Intradermal active full-length DNA Aβ42 immunization via electroporation leads to high anti-Aβ antibody levels in wild-type mice with variability in T cell responses depending on pulse parameters applied

Abstract

Abstract Aβ immunotherapy has high potential as possible prevention treatment for Alzheimer’s disease, and anti-Aβ antibodies will help in the removal of excess amyloid from brain. We have previously shown that active DNA Aβ1-42 immunization via gene gun delivery led to a non-inflammatory immune response with efficient antibody levels which resulted in decreased Aβ levels in brains of the immunized AD mouse model mice. To optimize the DNA delivery and make DNA vaccination more applicable for clinical use, we have investigated here the use of intradermal electroporation using a variety of different voltages and electropulse parameters in wild-type mice. In the direct comparison to DNA delivery via gene gun, higher levels of anti-Aβ42 antibodies were detected already after three DNA immunizations.
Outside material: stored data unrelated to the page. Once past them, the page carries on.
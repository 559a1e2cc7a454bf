-- ===== src/Telnet/Output/Tests.antt =====
-- What is sent for concrete bytes.
use hc.Base.{ℕ, ◌≡◌, refl, Bool, true, List, [], ◌∷◌, some, replicate}
use hc.Telnet.{Server, Call, sent, call, call_text, settle, and_then, text, behind}
use hc.Telnet.Output.{is_special, escape, send_special, send_loop, on_pt_master_fd}
use hc.Telnet.Output.Escape.{plain, peer_reads, sent_bytes, on_pt_master_fd_lem}

abbrev always : List Call → Bool
always t = true

abbrev connected : Server
connected = record { client_fd = some 9; saved = replicate 12 0 }

sends_three :
    on_pt_master_fd always connected (b'a' ∷ 10 ∷ b'b' ∷ []) []
    ≡ (connected, sent 9 (b'b' ∷ []) ∷ sent 9 (13 ∷ 10 ∷ []) ∷ sent 9 (b'a' ∷ []) ∷ [])
unfolding on_pt_master_fd send_loop send_special escape is_special call call_text settle and_then
    text behind
sends_three = refl

on_pt_master_fd_lem_example :
    (encoded : List ℕ) × (peer_reads plain encoded ≡ some (b'a' ∷ 13 ∷ 255 ∷ []))
    × ((on_pt_master_fd always connected (b'a' ∷ 13 ∷ 255 ∷ []) []).0 ≡ connected)
    × (sent_bytes (on_pt_master_fd always connected (b'a' ∷ 13 ∷ 255 ∷ []) []).1 ≡ encoded)
on_pt_master_fd_lem_example =
    on_pt_master_fd_lem always (λ t. refl) connected 9 (b'a' ∷ 13 ∷ 255 ∷ []) [] refl
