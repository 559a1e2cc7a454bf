-- ===== src/Util.antt =====
-- hc/core/hc/util.c: numbers as text, and C strings.
pub mod Decimal
pub mod Hex
pub mod Cstr
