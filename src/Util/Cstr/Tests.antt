-- ===== src/Util/Cstr/Tests.antt =====
-- Runs of the string functions, and the theorems at concrete inputs.
use hc.Base.{◌≡◌, refl, arith, List, [], ◌∷◌, ◌++◌, some, none, pos, negsuc, ℤ, ℕ}
use hc.Util.Cstr.{cstr_len, cstr_cmp, get_env, str_to_utf16}
use hc.Util.Cstr.Laws.{cstr_cmp_lem, Compared, get_env_found}

-- "A", "AB", "B"
abbrev text_a : List ℕ
text_a = b'A' ∷ []

abbrev text_ab : List ℕ
text_ab = b'A' ∷ b'B' ∷ []

cstr_runs :
    (cstr_cmp (text_a ++ 0 ∷ []) (text_ab ++ 0 ∷ []) ≡ some (negsuc 65))
    × (cstr_cmp (text_a ++ 0 ∷ 7 ∷ []) (text_a ++ 0 ∷ []) ≡ some (pos 0))
    × (cstr_len text_a ≡ none)
    × (str_to_utf16 text_ab 2 ≡ some text_ab)
unfolding cstr_cmp cstr_len str_to_utf16
cstr_runs = (refl, refl, refl, refl)

cstr_cmp_lem_example :
    (diff : ℤ) × (cstr_cmp (b'A' ∷ 0 ∷ []) (b'A' ∷ b'B' ∷ 0 ∷ []) ≡ some diff)
    × Compared text_a text_ab diff
cstr_cmp_lem_example = cstr_cmp_lem text_a text_ab [] [] (omega arith) (omega arith)

get_env_found_example :
    get_env
      ((b'A' ∷ b'B' ∷ b'=' ∷ b'1' ∷ 0 ∷ []) ∷ (b'A' ∷ b'=' ∷ b'2' ∷ 0 ∷ []) ∷ [])
      (b'A' ∷ 0 ∷ [])
    ≡ some (some (b'2' ∷ 0 ∷ []))
get_env_found_example =
    get_env_found ((b'A' ∷ b'B' ∷ b'=' ∷ b'1' ∷ []) ∷ []) text_a (b'2' ∷ 0 ∷ []) [] [] (omega arith)
      ((omega arith, λ v e. ground arith), tt)
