-- ===== src/Util/Decimal/Print.antt =====
-- What `util_uintToStr` writes: the digits of the number, at most 20, none superfluous.
use hc.Base.{
  ℕ, zero, suc, ◌+◌, ◌-◌, ◌*◌, ◌/◌, ◌%◌, ◌^◌, ◌≤◌, ◌<◌, ◌≡◌, ◌≢◌, refl, arith, List, [], ◌∷◌, ◌++◌,
  length,
}
use native.Mathlib.Nat.{pow-suc}
use hc.Util.Decimal.{digits_onto, uint_to_str, uint64_max_chars}

-- The value of a text of decimal digits, read after a number `acc`.
abbrev pub value_from : ℕ → List ℕ → ℕ
value_from acc [] = acc
value_from acc (c ∷ cs) = value_from (acc * 10 + (c - b'0')) cs

abbrev pub IsDigit : ℕ → Type 0
IsDigit c = (b'0' ≤ c) × (c ≤ b'9')

abbrev pub AllDigits : List ℕ → Type 0
AllDigits [] = Unit {0}
AllDigits (c ∷ cs) = IsDigit c × AllDigits cs

-- What is known of the text that stands for a number.
pub record IsDecimal (n : ℕ) (text : List ℕ) : Type 0 where
  pub all_digits : AllDigits text
  pub value : value_from 0 text ≡ n
  pub not_empty : text ≢ []
  pub no_leading_zero : (cs : List ℕ) → text ≡ b'0' ∷ cs → cs ≡ []

digits_onto-append :
    (fuel n : ℕ) (out rest : List ℕ)
    → digits_onto fuel n (out ++ rest) ≡ digits_onto fuel n out ++ rest
unfolding digits_onto
digits_onto-append zero n out rest = refl
digits_onto-append (suc fuel) n out rest =
    ground (arith, digits_onto-append fuel (n / 10) ((b'0' + n % 10) ∷ out) rest)

-- With enough fuel the loop writes the digits in front.
digits_onto-value :
    (fuel n : ℕ) (out : List ℕ)
    → n < 10 ^ fuel
    → value_from 0 (digits_onto fuel n out) ≡ value_from n out
unfolding digits_onto
digits_onto-value zero n out h = ground arith
digits_onto-value (suc fuel) n out h = ground (
  arith,
  pow-suc 10 fuel,
  digits_onto-value fuel (n / 10) ((b'0' + n % 10) ∷ out) (omega (arith, pow-suc 10 fuel)),
)

digits_onto-AllDigits :
    (fuel n : ℕ) (out : List ℕ) → AllDigits out → AllDigits (digits_onto fuel n out)
unfolding digits_onto
digits_onto-AllDigits zero n out h = h
digits_onto-AllDigits (suc fuel) n out h =
    ground (arith, digits_onto-AllDigits fuel (n / 10) ((b'0' + n % 10) ∷ out))

digits_onto-head :
    (fuel n : ℕ) (out cs : List ℕ) → n < 10 ^ fuel → 0 < n → digits_onto fuel n out ≢ b'0' ∷ cs
unfolding digits_onto
digits_onto-head zero n out cs h pos = ground arith
digits_onto-head (suc fuel) n out cs h pos = ground (
  arith,
  digits_onto-head fuel (n / 10) ((b'0' + n % 10) ∷ out) cs (omega (arith, pow-suc 10 fuel)),
)

length-digits_onto :
    (fuel n : ℕ) (out : List ℕ) → length (digits_onto fuel n out) ≤ fuel + length out
unfolding digits_onto
length-digits_onto zero n out = omega arith
length-digits_onto (suc fuel) n out =
    ground (arith, length-digits_onto fuel (n / 10) ((b'0' + n % 10) ∷ out))

-- A number below 10 ^ (k + 1) has at most k + 1 digits.
length-digits_onto_lt :
    (fuel k n : ℕ) (out : List ℕ)
    → n < 10 ^ suc k
    → length (digits_onto fuel n out) ≤ suc k + length out
unfolding digits_onto
length-digits_onto_lt zero k n out h = omega arith
length-digits_onto_lt (suc fuel) zero n out h = ground (arith, pow-suc 10 0)
length-digits_onto_lt (suc fuel) (suc k) n out h = ground (
  arith,
  pow-suc 10 (suc k),
  length-digits_onto_lt fuel k (n / 10) ((b'0' + n % 10) ∷ out) (omega (arith, pow-suc 10 (suc k))),
)

-- The digits of an `int64_t` leave room for its sign.
pub length-uint_to_str_signed : (n : ℕ) → n ≤ 2 ^ 63 → length (uint_to_str [] n) ≤ 19
unfolding uint_to_str
length-uint_to_str_signed n h = omega (arith, length-digits_onto_lt 20 18 n [] (omega arith))

digits_onto-ne-nil : (fuel n c : ℕ) (out : List ℕ) → digits_onto fuel n (c ∷ out) ≢ []
unfolding digits_onto
digits_onto-ne-nil zero n c out = ground arith
digits_onto-ne-nil (suc fuel) n c out =
    ground (arith, digits_onto-ne-nil fuel (n / 10) (b'0' + n % 10) (c ∷ out))

uint_to_str-ne-nil : (n : ℕ) → uint_to_str [] n ≢ []
unfolding uint_to_str
uint_to_str-ne-nil n = ground (arith, digits_onto-ne-nil 19 (n / 10) (b'0' + n % 10) [])

uint_to_str_zero : (cs : List ℕ) → uint_to_str [] 0 ≡ b'0' ∷ cs → cs ≡ []
unfolding uint_to_str
uint_to_str_zero cs h = ground arith

uint_to_str-head : (n : ℕ) (cs : List ℕ) → n < 2 ^ 64 → uint_to_str [] n ≡ b'0' ∷ cs → cs ≡ []
uint_to_str-head zero cs h e = uint_to_str_zero cs e
uint_to_str-head (suc n) cs h e =
    absurd (unfold uint_to_str in digits_onto-head 20 (suc n) [] cs (omega arith) (omega arith) e)

pub uint_to_str-IsDecimal : (n : ℕ) → n < 2 ^ 64 → IsDecimal n (uint_to_str [] n)
uint_to_str-IsDecimal n h = record {
  all_digits = unfold uint_to_str in digits_onto-AllDigits 20 n [] tt;
  value = unfold uint_to_str in digits_onto-value 20 n [] (omega arith);
  not_empty = uint_to_str-ne-nil n;
  no_leading_zero = λ cs e. uint_to_str-head n cs h e;
}

pub length-uint_to_str : (n : ℕ) → length (uint_to_str [] n) ≤ uint64_max_chars
unfolding uint_to_str
length-uint_to_str n = omega (arith, length-digits_onto 20 n [])

pub append_uint_to_str : (n : ℕ) (rest : List ℕ) → uint_to_str rest n ≡ uint_to_str [] n ++ rest
unfolding uint_to_str
append_uint_to_str n rest = digits_onto-append 20 n [] rest

-- For every `uint64_t` n, `util_uintToStr` puts in front of what stands at `bufferEnd` a text that
-- is not empty, of at most 20 bytes, all decimal digits, with no superfluous leading zero, and
-- whose value is n.
pub uint_to_str_lem :
    (n : ℕ) (rest : List ℕ)
    → n < 2 ^ 64
    → (text : List ℕ) × (uint_to_str rest n ≡ text ++ rest)
      × IsDecimal n text
      × (length text ≤ uint64_max_chars)
uint_to_str_lem n rest h =
    (uint_to_str [] n, append_uint_to_str n rest, uint_to_str-IsDecimal n h, length-uint_to_str n)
The antibody isotype profile following DNA electroporation was mixed with IgG1 and IgG2a antibodies. With a fine tuning of the electropulse protocol the T cell responses could be adjusted to similar findings we published earlier for DNA Aβ1-42 immunization via gene gun delivery with low levels of inflammatory cytokines (IFNγ, IL-17) in the in-vitro Aβ42 peptide re-stimulation assays. We found that short pulse durations (5 ms) were better than long pulse durations (10 ms) in regard to obtaining a Th2 type of immune response, and that a higher rate of pulses (16–20 pulses) increased the antibody response in our sets of experiments. Full-length DNA Aβ1-42 immunization delivered via electroporation with a fine tuning of the electropulse conditions has potential to be used in the clinical setting.